> _Instructions for the task_:
Go line by line through the entries below and copy those containing the string "true".

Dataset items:
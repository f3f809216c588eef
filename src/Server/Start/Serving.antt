-- ===== src/Server/Start/Serving.antt =====
-- When main of the server gets to serve.
use packet_distribution_syst.Prelude.{Bool, ◌≡◌, refl, true, false, Option, none, some, ap, ◌∙◌}
use packet_distribution_syst.Archive.{Bytes}
use packet_distribution_syst.Packets.Crypto.{Crypto}
use packet_distribution_syst.Files.{FileSystem}
use packet_distribution_syst.Common.ReadKey.{
  Location, read_key, read_key-content, content-read_key, content-invalid_argument, ReadKey, key,
  invalid_argument,
}
use packet_distribution_syst.Server.Connections.{construct}
use packet_distribution_syst.Server.Start.{
  port, private_key_pem, Started, serving, Host, create_server, main, with_key, with_signer,
  uncaught_key, uncaught_signer, aborted,
}

module _ (C : Crypto) (F : FileSystem) (location : Location F.FilePath) (host : Host C) where
  -- With the private key, a signer for it and the port at hand, eight threads serve.
  pub main_serves :
      (s : F.State) (bytes : Bytes) (signer : C.Signer)
      → F.content s (F.path private_key_pem) ≡ some bytes
      → host.new_signer bytes ≡ some signer
      → host.listens port ≡ true
      → main C F location host s ≡ serving signer construct 8
  unfolding main with_key with_signer create_server
  main_serves s bytes signer content signs listens =
      ap (with_key C F location host) (read_key-content F location s _ bytes content)
      ∙ ap (with_signer C F location host) signs
      ∙ ap (create_server C F location host signer) listens

  -- Why main ends as it does.
  abbrev pub Cause : F.State → Started F.FilePath C.Signer → Type 0
  Cause s (uncaught_key path) = F.content s (F.path private_key_pem) ≡ none
  Cause s uncaught_signer =
      (bytes : Bytes) × (F.content s (F.path private_key_pem) ≡ some bytes)
      × (host.new_signer bytes ≡ none)
  Cause s aborted =
      (bytes : Bytes) × (signer : C.Signer) × (F.content s (F.path private_key_pem) ≡ some bytes)
      × (host.new_signer bytes ≡ some signer)
      × (host.listens port ≡ false)
  Cause s (serving signer server n) =
      (bytes : Bytes) × (F.content s (F.path private_key_pem) ≡ some bytes)
      × (host.new_signer bytes ≡ some signer)
      × (host.listens port ≡ true)
      × (server ≡ construct)
      × (n ≡ 8)

  create_server-Cause :
      (s : F.State) (bytes : Bytes) (signer : C.Signer) (listens : Bool)
      → F.content s (F.path private_key_pem) ≡ some bytes
      → host.new_signer bytes ≡ some signer
      → host.listens port ≡ listens
      → Cause s (create_server C F location host signer listens)
  unfolding create_server
  create_server-Cause s bytes signer true content made e = (bytes, content, made, e, refl, refl)
  create_server-Cause s bytes signer false content made e = (bytes, signer, content, made, e)

  with_signer-Cause :
      (s : F.State) (bytes : Bytes) (made : Option C.Signer)
      → F.content s (F.path private_key_pem) ≡ some bytes
      → host.new_signer bytes ≡ made
      → Cause s (with_signer C F location host made)
  unfolding with_signer
  with_signer-Cause s bytes none content e = (bytes, content, e)
  with_signer-Cause s bytes (some signer) content e =
      create_server-Cause s bytes signer (host.listens port) content e refl

  with_key-Cause :
      (s : F.State) (read : ReadKey F.FilePath)
      → read_key F location s (F.path private_key_pem) ≡ read
      → Cause s (with_key C F location host read)
  unfolding with_key
  with_key-Cause s (invalid_argument path) e = content-invalid_argument F location s _ path e
  with_key-Cause s (key bytes) e =
      with_signer-Cause s bytes (host.new_signer bytes) (content-read_key F location s _ bytes e)
        refl

  -- The server's main ends by an uncaught exception only if private-key.pem cannot be read, or if no
  -- signer can be made from what it holds; it aborts only if both are there and the port 1234 cannot
  -- be listened on; else eight threads run the server as it is constructed, with that signer.
  pub main-Cause : (s : F.State) → Cause s (main C F location host s)
  unfolding main
  main-Cause s = with_key-Cause s (read_key F location s (F.path private_key_pem)) refl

> _Solution_:
use packet_distribution_syst.Prelude.{Bool, ◌≡◌, refl, true, false, Option, none, some, ap, ◌∙◌}
      → host.listens port ≡ true
      × (host.listens port ≡ true)
  create_server-Cause s bytes signer true content made e = (bytes, content, made, e, refl, refl)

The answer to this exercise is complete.